# Another beastly plant from OrchidInn



## tnyr5 (Dec 17, 2021)

Grabbed a blooming-size Harold Koopowitz. Granted, they are strong rooters in my experience, but still, I don't think I could have done better. I pretty much never say that lol.


----------



## Duck Slipper (Dec 17, 2021)

I like em…
A favorite primary. Everyone needs one.


----------



## Happypaphy7 (Dec 18, 2021)

Nice! 
I had my very first HK bloom not too long ago and it was not bad but wasn't that good. The plant started three four new growth but I threw it away. 
A member bought Sam's HK and bloomed it last year. It had a very nice large well shaped flowers with great green color! 
I think he was selling a bunch of HK in spike a couple of months ago. Maybe I should have jumped on that offer.


----------



## tnyr5 (Dec 18, 2021)

I saw that one. I got the gigantic dorsal x Sam's choice rather than the bloomington x SC, partly because the roth parent was bigger and partly because that was the cross not offered in spike. My logic was that they'd be less shopped out. At any rate, my hopes for this one are quite high. It's upstairs with the Ophrys and the rest of my cool growers for the winter.


----------



## JustinR (Dec 20, 2021)

Nice plant, good catch! How cool would you grow this one? Do they also need cooler Summers?


----------



## tnyr5 (Dec 20, 2021)

Only cool for the winter, 50-55°F (10-13°C) nights. The rest of the year, it'll be downstairs with the hot growers where it can get up into the high 90's. If that doesn't set its clock to bloom, next winter it'll spend its nights in the refigerator.


----------



## JustinR (Dec 21, 2021)

tnyr5 said:


> Only cool for the winter, 50-55°F (10-13°C) nights. The rest of the year, it'll be downstairs with the hot growers where it can get up into the high 90's. If that doesn't set its clock to bloom, next winter it'll spend its nights in the refigerator.


Thanks for the tip


----------



## JimNJ (Feb 6, 2022)

tnyr5 said:


> Only cool for the winter, 50-55°F (10-13°C) nights. The rest of the year, it'll be downstairs with the hot growers where it can get up into the high 90's. If that doesn't set its clock to bloom, next winter it'll spend its nights in the refigerator.

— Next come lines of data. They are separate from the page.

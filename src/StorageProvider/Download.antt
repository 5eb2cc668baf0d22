-- ===== src/StorageProvider/Download.antt =====
-- storageProvider/download.go: the handler of download requests.
pub mod Stored
use archoncloud_go.Base.{
  ℕ, List, [], ◌∷◌, ◌++◌, ltb, bytes_eq, not, Bool, true, false, if◌then◌else◌, Option, none, some,
  Result, ok, err, panic, guard, ◌>>=◌, ◌>>◌, length, not_a_number, missing_shard_idx,
  file_does_not_exist,
}
use archoncloud_go.Base.Int.{ℤ, pos, negsuc}
use archoncloud_go.Common.Bytes.{Bytes}
use archoncloud_go.Common.ArchonUrl.{ArchonUrl, atoi, is_hash, is_whole_file, shard_path}
use archoncloud_go.Common.ArchonUrl.Parse.{new_archon_url}
use archoncloud_go.StorageProvider.Files.{read_file}
use archoncloud_go.StorageProvider.Paths.{in_shards_folder, in_hashes_folder}
use archoncloud_go.StorageProvider.Pending.{Verifier, ActivityInfo}

-- `strconv.ParseInt(s, 10, 8)`
abbrev pub int8 : ℤ → Result ℤ
int8 (pos n) = if ltb n 128 then ok (pos n) else err not_a_number
int8 (negsuc n) = if ltb n 128 then ok (negsuc n) else err not_a_number

unfoldable pub shard_index_of : ArchonUrl → Bytes → Result ℤ
unfolding is_whole_file atoi
shard_index_of a_url shard_ix =
    if is_whole_file a_url
    then ok (negsuc 0)
    else if bytes_eq shard_ix []
    then err missing_shard_idx
    else atoi shard_ix >>= int8

abbrev pub existing_file : Option Bytes → Result Bytes
existing_file (some content) = ok content
existing_file none = err file_does_not_exist

module _ (parse : Bytes → Result (Bytes × Bytes)) (base58_decode : Bytes → Bytes)
    (join : List Bytes → Bytes) (root_folder : Bytes) where
  unfoldable pub served_path : ArchonUrl → ℤ → Bytes
  unfolding is_hash
  served_path a_url shard_ix =
      let p = shard_path a_url shard_ix in
      if is_hash a_url
      then in_hashes_folder join root_folder (p ∷ [])
      else in_shards_folder join root_folder (p ∷ [])

  -- The URL and the file that is served for it.
  unfoldable pub find_file : Bytes → Bytes → Verifier → Result (ArchonUrl × Bytes)
  unfolding new_archon_url shard_index_of
  find_file url_text shard_ix v = do
    a_url ← new_archon_url parse base58_decode url_text
    ix ← shard_index_of a_url shard_ix
    content ← existing_file (read_file (served_path a_url ix) v.files)
    ok (a_url, content)

  abbrev pub serve : Bytes → Verifier → Result (ArchonUrl × Bytes) → Result Bytes × Verifier
  serve client v (ok (a_url, content)) = (
    ok content,
    record v {
      activities =
          v.activities
          ++ record { upload = false; url = a_url; client = client; num_bytes = length content }
            ∷ [];
    },
  )
  serve client v (err e) = (err e, v)
  serve client v panic = (panic, v)

  unfoldable pub download_handler : Bytes → Bytes → Bytes → Verifier → Result Bytes × Verifier
  unfolding find_file
  download_handler url_text shard_ix client v = serve client v (find_file url_text shard_ix v)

Just curious what the others are, do you grow your multifloral paphs in the 90s throughout the year?


----------



## Happypaphy7 (Feb 7, 2022)

OMG, what do you downstairs to get the temperature up in the 90s?? lol
I would think mid 80s might be plenty warm? You might want to try lowering the lower end even more and see if that does anything?
That lower range is for roth but maliopense takes it down to near freezing or slightly lower in the wild although that isn't necessary to bloom.
Just a thought if you're going to torture this thing. 

My first HK bloomed on my windowsill where the winter night low is around mid 50s to 40s depending on the weather outside. During the day, it would be fluctuating between low 60s to low 80s, low 80s being the midday max on sunny days. 
It bloomed again on the subsequent growth in less than one years interval. I eventually tossed it as the flowers were meh and I needed space for other stuff. 
One of my paph friends bloomed a very nice HK bought from Orchid Inn a couple of years ago. 
His temperature range is even higher than mine. 
What I mean to say is that these hybrids will bloom when they want to bloom. Many won't ever bloom. Few plants will bloom on a regular basis.


----------



## tnyr5 (Feb 8, 2022)

Winter temps downstairs are 80-85Fday, 63-65F night. My growspace is insulated with 1in thick foam, the house heating pipes run through it, and it's lit by 400W halides that generate a good bit of heat.


----------



## tnyr5 (Apr 21, 2022)

Yeah that was real tough...


----------



## Cklinger (Apr 21, 2022)

tnyr5 said:


> Winter temps downstairs are 80-85Fday, 63-65F night. My growspace is insulated with 1in thick foam, the house heating pipes run through it, and it's lit by 400W halides that generate a good bit of heat.


I've been wondering what kind of MH fixtures you use, are you using a traditional bulb or a double ended bulb?


----------



## NYEric (Apr 21, 2022)

Really weird looking Phrag!


----------



## tnyr5 (Apr 21, 2022)

Cklinger said:


> I've been wondering what kind of MH fixtures you use, are you using a traditional bulb or a double ended bulb?


Traditional, unshielded, Iwasaki 6500°k (they call it hortilux blue nowadays)


----------



## Cklinger (Apr 21, 2022)

tnyr5 said:


> Traditional, unshielded, Iwasaki 6500°k (they call it hortilux blue nowadays)


I see, I'd love to grow with MH lights, especially having access to 1000W ballasts and double ended MH bulbs, but would worry about all the heat being generated and would definitely need a house for that...so it'll be quite a while from now! lol


----------